I've always found that when I start seeing more and more scrapes and bucks chasing does is when I reach for my REAL ANTLERS (not the synthetic type) and if I am hunting alone I will set up in an area fairly close to the edge of a field or near a river with the wind blowing towards the river or field. The reason behind this is because deer most generally like to circle around and smell what they are hearing and they are less apt to want to walk out in the field or swim in the river. Instead they will either come in straight or from either side.

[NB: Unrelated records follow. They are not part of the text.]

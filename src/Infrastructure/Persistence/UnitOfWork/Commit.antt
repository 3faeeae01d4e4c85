-- ===== src/Infrastructure/Persistence/UnitOfWork/Commit.antt =====
-- What a commit that goes through has committed: the session's view, the objects that were added to
-- it, and one outbox row for each pending event, in order.
use ndma_edit.Prelude.{
  ℕ, true, Option, none, some, List, [], ◌∷◌, ◌++◌, map, ◌≡◌, refl, sym, subst, ap, ◌∙◌,
  append_assoc, append-nil,
}
use ndma_edit.Outcome.{Outcome, ok, err}
use ndma_edit.Domain.Aggregate.{Time}
use ndma_edit.Infrastructure.Persistence.Models.{Tables, OutboxModel}
use ndma_edit.Infrastructure.Persistence.Database.{
  Database, NewRow, outbox_row, insert_row, insert_rows, HasUniqueKeys,
}
use ndma_edit.Infrastructure.Persistence.OutboxRow.{rows_of}
use ndma_edit.Infrastructure.Persistence.Exec.{UnitOfWork, Exec, continue, ◌>>=◌, ◌>>◌, pure}
use ndma_edit.Infrastructure.Persistence.UnitOfWork.{
  enter, add_rows, committed, commit_rows, commit, transaction,
}
use ndma_edit.Infrastructure.Persistence.UnitOfWork.Atomic.{commit-open, durable-exit}

module _ {S A B : Type 0} where
  continue-ok :
      (f : A → Exec S B) (r : Outcome A) (v : UnitOfWork S) (b : B)
      → (continue f (r, v)).0 ≡ ok b
      → (a : A) × (r ≡ ok a) × (continue f (r, v) ≡ f a v)
  continue-ok f (ok a) v b h = (a, refl, refl)
  continue-ok f (err e) v b h = cc

  -- A chain that returns went through its first call.
  pub >>=-ok :
      (m : Exec S A) (f : A → Exec S B) (u : UnitOfWork S) (b : B)
      → ((m >>= f) u).0 ≡ ok b
      → (a : A) × ((m u).0 ≡ ok a) × ((m >>= f) u ≡ f a (m u).1)
  >>=-ok m f u b h = continue-ok f (m u).0 (m u).1 b h

insert_rows-append :
    (xs ys : List NewRow) (t : Tables)
    → insert_rows (xs ++ ys) t ≡ insert_rows ys (insert_rows xs t)
unfolding insert_rows
insert_rows-append [] ys t = refl
insert_rows-append (x ∷ xs) ys t = insert_rows-append xs ys (insert_row t x)

-- Rows behind the outbox.
abbrev pub with_outbox : List OutboxModel → Tables → Tables
with_outbox rows t = record t { outbox = t.outbox ++ rows }

insert_rows-outbox :
    (rs : List OutboxModel) (t : Tables) → insert_rows (map outbox_row rs) t ≡ with_outbox rs t
unfolding insert_rows
insert_rows-outbox [] t =
    ap (λ (o : List OutboxModel). record t { outbox = o }) (sym (append-nil t.outbox))
insert_rows-outbox (r ∷ rs) t =
    insert_rows-outbox rs (insert_row t (outbox_row r))
    ∙ ap (λ (o : List OutboxModel). record t { outbox = o }) (append_assoc t.outbox (r ∷ []) rs)

module _ (db : Database) where
  open db use {Session, view, added, commit as commit_session}

  view-add_rows : (rs : List OutboxModel) (s : Session) → view (add_rows db rs s) ≡ view s
  unfolding add_rows
  view-add_rows [] s = refl
  view-add_rows (r ∷ rs) s = rw (view-add_rows rs _) (db.view-add (outbox_row r) s)

  added-add_rows :
      (rs : List OutboxModel) (s : Session)
      → added (add_rows db rs s) ≡ added s ++ map outbox_row rs
  unfolding add_rows
  added-add_rows [] s = sym (append-nil (added s))
  added-add_rows (r ∷ rs) s =
      rw (added-add_rows rs _, db.added-add (outbox_row r) s)
        (append_assoc (added s) (outbox_row r ∷ []) (map outbox_row rs))

  module _ (max_attempts : ℕ) (now_at : ℕ → Time) (u : UnitOfWork Session) where
    -- What the next commit is to write.
    abbrev pub due_tables : Tables
    due_tables =
        with_outbox (rows_of max_attempts now_at 0 (u.lists u.pending_events))
          (insert_rows (added u.session) (view u.session))

    committed-eq-due :
        (t : Tables)
        → commit_session
            (add_rows db (rows_of max_attempts now_at 0 (u.lists u.pending_events)) u.session)
          ≡ some t
        → t ≡ due_tables
    committed-eq-due t h =
        let rows = rows_of max_attempts now_at 0 (u.lists u.pending_events) in
        db.commit_lem _ t h
        ∙ rw (added-add_rows rows u.session, view-add_rows rows u.session, insert_rows-append)
            (insert_rows-outbox rows _)

    committed-ok :
        {A : Type 0} (a b : A) (o : Option Tables) (v : UnitOfWork Session)
        → (continue (λ _. pure a) (committed db o v)).0 ≡ ok b
        → (t : Tables) × (o ≡ some t)
          × ((continue (λ _. pure a) (committed db o v)).1.durable ≡ t)
          × (b ≡ a)
    committed-ok a b none v h = cc
    committed-ok a b (some t) v h = (t, refl, refl, cc)

    -- A commit that goes through has written exactly what was due, and the keys are unique.
    pub commit-ok :
        {A : Type 0} (a b : A)
        → u.is_open ≡ true
        → ((commit db max_attempts now_at >> pure a) u).0 ≡ ok b
        → (((commit db max_attempts now_at >> pure a) u).1.durable ≡ due_tables)
          × (b ≡ a)
          × HasUniqueKeys due_tables.users
    unfolding commit_rows
    commit-ok a b on = rw (commit-open db max_attempts now_at u on) λ h.
        let (t, e, written, same) = committed-ok a b _ _ h in
        let due = committed-eq-due t e in
        (
          written ∙ due,
          same,
          subst (λ (x : Tables). HasUniqueKeys x.users) due (db.commit_unique _ t e),
        )

  -- The tables after a unit of work are what its body has committed.
  pub transaction-durable :
      {A : Type 0} (body : Exec Session A) (t : Tables)
      → (transaction db body t).1 ≡ (body (enter db t)).1.durable
  unfolding transaction
  transaction-durable body t = durable-exit db (body (enter db t)).0 (body (enter db t)).1
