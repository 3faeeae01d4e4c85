-- ===== src/Application/Users/Success.antt =====
-- What a use case that returns has done: the exact tables after a registration, a renaming and a
-- deactivation.
use ndma_edit.Prelude.{
  ℕ, [], ◌∷◌, ◌++◌, is_some, ◌==◌, keep, change, ◌≡◌, ◌≢◌, refl, sym, ◌∙◌, subst, arith, Bool-cases,
  inl, inr,
}
use ndma_edit.Outcome.{Outcome, ok, err, email_already_registered}
use ndma_edit.Runtime.{Runtime}
use ndma_edit.Domain.Email.{Email}
use ndma_edit.Domain.DisplayName.{DisplayName}
use ndma_edit.Domain.Aggregate.{DomainEvent, collect_events, new_event, user_registered}
use ndma_edit.Domain.User.{User, register}
use ndma_edit.Infrastructure.Persistence.Models.{Tables}
use ndma_edit.Infrastructure.Persistence.Database.{Database, user_row, insert_rows, HasUniqueKeys}
use ndma_edit.Infrastructure.Persistence.Mapper.{to_model}
use ndma_edit.Infrastructure.Persistence.OutboxRow.{row_of, rows_of}
use ndma_edit.Infrastructure.Persistence.Exec.{UnitOfWork, extend, ◌>>=◌, ◌>>◌, pure, raise_if}
use ndma_edit.Infrastructure.Persistence.Repository.{
  get_by_email, add, save, is_current, updated, persisted, drained,
}
use ndma_edit.Infrastructure.Persistence.UnitOfWork.{enter, commit, transaction}
use ndma_edit.Infrastructure.Persistence.UnitOfWork.Commit.{
  >>=-ok, due_tables, commit-ok, transaction-durable,
}
use ndma_edit.Application.Messages.{RegisterUserCommand}
use ndma_edit.Application.Dto.{UserDto, from_domain}
use ndma_edit.Application.Users.Inputs.{register_inputs}
use ndma_edit.Application.Users.Handlers.{
  Draws, then_run, register_body, save_and_commit, handle_register,
}

pub then_run-ok :
    {A B : Type 0} (r : Outcome A) (k : A → Tables → Outcome B × Tables) (t : Tables) (b : B)
    → (then_run r k t).0 ≡ ok b
    → (a : A) × (r ≡ ok a) × (then_run r k t ≡ k a t)
then_run-ok (ok a) k t b h = (a, refl, refl)
then_run-ok (err e) k t b h = cc

module _ (rt : Runtime) (db : Database) (max_attempts : ℕ) (d : Draws) where
  open db use {Session}

  -- The tables with one new user and the rows of its events.
  abbrev pub with_user : User → Tables → Tables
  with_user user t = record {
    users = t.users ++ to_model user ∷ [];
    outbox = t.outbox ++ rows_of max_attempts d.now_at 0 user.domain_events;
  }

  -- A new user that was added in a fresh unit of work is due, with its events.
  due-add :
      (user : User) (t : Tables)
      → due_tables db max_attempts d.now_at (add rt db user (enter db t)).1 ≡ with_user user t
  unfolding add enter insert_rows collect_events
  due-add user t =
      let s = db.connect t in
      let r = user_row (to_model user) in
      rw (db.view-add r s, db.added-add r s, db.added-connect t, db.view-connect t)

  -- The end of a registration: the user is added, then all is committed.
  register_rest-ok :
      (user : User) (t : Tables) (dto : UserDto)
      → let run =
          (add rt db user >>= λ user'.
          commit db max_attempts d.now_at >> pure (from_domain rt user'))
            (enter db t) in
        run.0 ≡ ok dto
        → (run.1.durable ≡ with_user user t)
          × (dto ≡ from_domain rt (drained user))
          × HasUniqueKeys (with_user user t).users
  unfolding add enter
  register_rest-ok user t dto h =
      let v = (add rt db user (enter db t)).1 in
      let (written, same, unique) =
        commit-ok db max_attempts d.now_at v (from_domain rt (drained user)) dto refl h in
      let due = due-add user t in
      (written ∙ due, same, subst (λ (x : Tables). HasUniqueKeys x.users) due unique)

  -- The tables with one user changed and the rows of its events.
  abbrev pub with_changed : User → Tables → Tables
  with_changed user t = record {
    users = change (is_current user) (updated user) t.users;
    outbox = t.outbox ++ rows_of max_attempts d.now_at 0 user.domain_events;
  }

  due-update :
      (user : User) (t : Tables) (v : UnitOfWork Session)
      → v.session ≡ (db.update_users (is_current user) (updated user) (db.connect t)).1
      → v.lists v.pending_events ≡ user.domain_events
      → due_tables db max_attempts d.now_at v ≡ with_changed user t
  unfolding insert_rows
  due-update user t v e f =
      let s = db.connect t in
      let p = is_current user in
      let g = updated user in
      rw (e, f, db.view-update p g s, db.added-update p g s, db.added-connect t, db.view-connect t)

  -- The unit of work after a `save` that found its row.
  abbrev saved : User → Tables → UnitOfWork Session
  saved user t =
      let session = (db.update_users (is_current user) (updated user) (db.connect t)).1 in
      extend 0 user.domain_events (record (enter db t) { session = session })

  save-ok :
      (user user' : User) (t : Tables)
      → (save rt db user (enter db t)).0 ≡ ok user'
      → (save rt db user (enter db t) ≡ (ok (persisted user), saved user t))
        × (keep (is_current user) t.users ≢ [])
  unfolding save enter collect_events
  save-ok user user' t h =
      let s = db.connect t in
      let count = db.rowcount (is_current user) (updated user) s in
      elim (Bool-cases ((db.update_users (is_current user) (updated user) s).0 == 0)) [
        | inl lost ↦ cc (rw lost at h)
        | inr kept ↦ (
          rw kept,
          λ e.
              let none_found : (db.update_users (is_current user) (updated user) s).0 ≡ 0 =
                count ∙ rw (db.view-connect t, e) in
              ground arith,
        )
      ]

  -- The end of a handler that changes a user: the row is updated, then all is committed.
  pub save_and_commit-ok :
      (user : User) (t : Tables) (dto : UserDto)
      → let run = save_and_commit rt db max_attempts d user (enter db t) in
        run.0 ≡ ok dto
        → (run.1.durable ≡ with_changed user t)
          × (dto ≡ from_domain rt (persisted user))
          × (keep (is_current user) t.users ≢ [])
          × HasUniqueKeys (with_changed user t).users
  unfolding save_and_commit
  save_and_commit-ok user t dto h =
      let (user', e, chain) = >>=-ok (save rt db user) _ (enter db t) dto h in
      let (state, found) = save-ok user user' t e in
      let v = saved user t in
      let due : due_tables db max_attempts d.now_at v ≡ with_changed user t =
        due-update user t v refl (unfold enter in refl) in
      let (written, same, unique) =
        commit-ok db max_attempts d.now_at v (from_domain rt (persisted user)) dto
          (unfold enter in refl) (rw state at h) in
      (
        rw state (written ∙ due),
        same,
        found,
        subst (λ (x : Tables). HasUniqueKeys x.users) due unique,
      )

  -- The new user of a registration, and its event.
  abbrev pub registered : Email → DisplayName → User
  registered email name = register d.user_id d.registered_at d.stamp email name

  abbrev pub registered_event : Email → DisplayName → DomainEvent
  registered_event email name = new_event d.user_id d.stamp (user_registered email.value name.value)

  register_body-ok :
      (email : Email) (name : DisplayName) (t : Tables) (dto : UserDto)
      → let run = register_body rt db max_attempts d email name (enter db t) in
        run.0 ≡ ok dto
        → (run.1.durable ≡ record {
          users = t.users ++ to_model (registered email name) ∷ [];
          outbox = t.outbox ++ row_of (registered_event email name) max_attempts (d.now_at 0) ∷ [];
        })
          × (dto ≡ from_domain rt (registered email name))
          × HasUniqueKeys (t.users ++ to_model (registered email name) ∷ [])
  unfolding register_body get_by_email register to_model from_domain drained
  register_body-ok email name t dto h =
      let (existing, e₁, run₁) = >>=-ok (get_by_email rt db email) _ (enter db t) dto h in
      let h₁ = rw run₁ at h in
      let (free, e₂, run₂) =
        >>=-ok (raise_if (is_some existing) (email_already_registered email.value)) _ (enter db t)
          dto h₁ in
      let (tables, reply, unique) =
        register_rest-ok (registered email name) t dto (rw run₂ at h₁) in
      (rw (run₁, run₂) tables, reply, unique)

  -- A registration that returns has stored one row, that of the new active user at version 0 under the
  -- normalized email and name, and one outbox row, that of its event; it returns that user, and no
  -- two rows share an id or an email.
  pub handle_register-ok :
      (c : RegisterUserCommand) (t : Tables) (dto : UserDto)
      → (handle_register rt db max_attempts d c t).0 ≡ ok dto
      → (email : Email) × (name : DisplayName) × (register_inputs rt c ≡ ok (email, name))
        × (dto ≡ from_domain rt (registered email name))
        × ((handle_register rt db max_attempts d c t).1 ≡ record {
          users = t.users ++ to_model (registered email name) ∷ [];
          outbox = t.outbox ++ row_of (registered_event email name) max_attempts (d.now_at 0) ∷ [];
        })
        × HasUniqueKeys (handle_register rt db max_attempts d c t).1.users
  unfolding handle_register transaction
  handle_register-ok c t dto h =
      let ((email, name), inputs, run) = then_run-ok (register_inputs rt c) _ t dto h in
      let body = register_body rt db max_attempts d email name in
      let h₁ : (body (enter db t)).0 ≡ ok dto = rw run at h in
      let after : (handle_register rt db max_attempts d c t).1 ≡ (body (enter db t)).1.durable =
        rw run (transaction-durable db body t) in
      let (tables, reply, unique) = register_body-ok email name t dto h₁ in
      (
        email,
        name,
        inputs,
        reply,
        after ∙ tables,
        subst (λ (x : Tables). HasUniqueKeys x.users) (sym (after ∙ tables)) unique,
      )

Sometimes they will come charging in, sometimes they come in walking like John Wayne all tough like and sometimes they come in very skittish. At any rate they most generally come in. before I hit the antlers I like to use my grunt snort weeze then grunt and finally commence to rattling, popunding the ground, kicking leaves for about a minute ending with another weeze and grunt.
Hope this helps. :beer:


----------



## Estaban (Mar 17, 2006)

I've always found that when I start seeing more and more scrapes and bucks chasing does is when I reach for my REAL ANTLERS (not the synthetic type) and if I am hunting alone I will set up in an area fairly close to the edge of a field or near a river with the wind blowing towards the river or field. The reason behind this is because deer most generally like to circle around and smell what they are hearing and they are less apt to want to walk out in the field or swim in the river. Instead they will either come in straight or from either side. Sometimes they will come charging in, sometimes they come in walking like John Wayne all tough like and sometimes they come in very skittish. At any rate they most generally come in. before I hit the antlers I like to use my grunt snort weeze then grunt and finally commence to rattling, popunding the ground, kicking leaves for about a minute ending with another weeze and grunt.
Hope this helps. :beer:


----------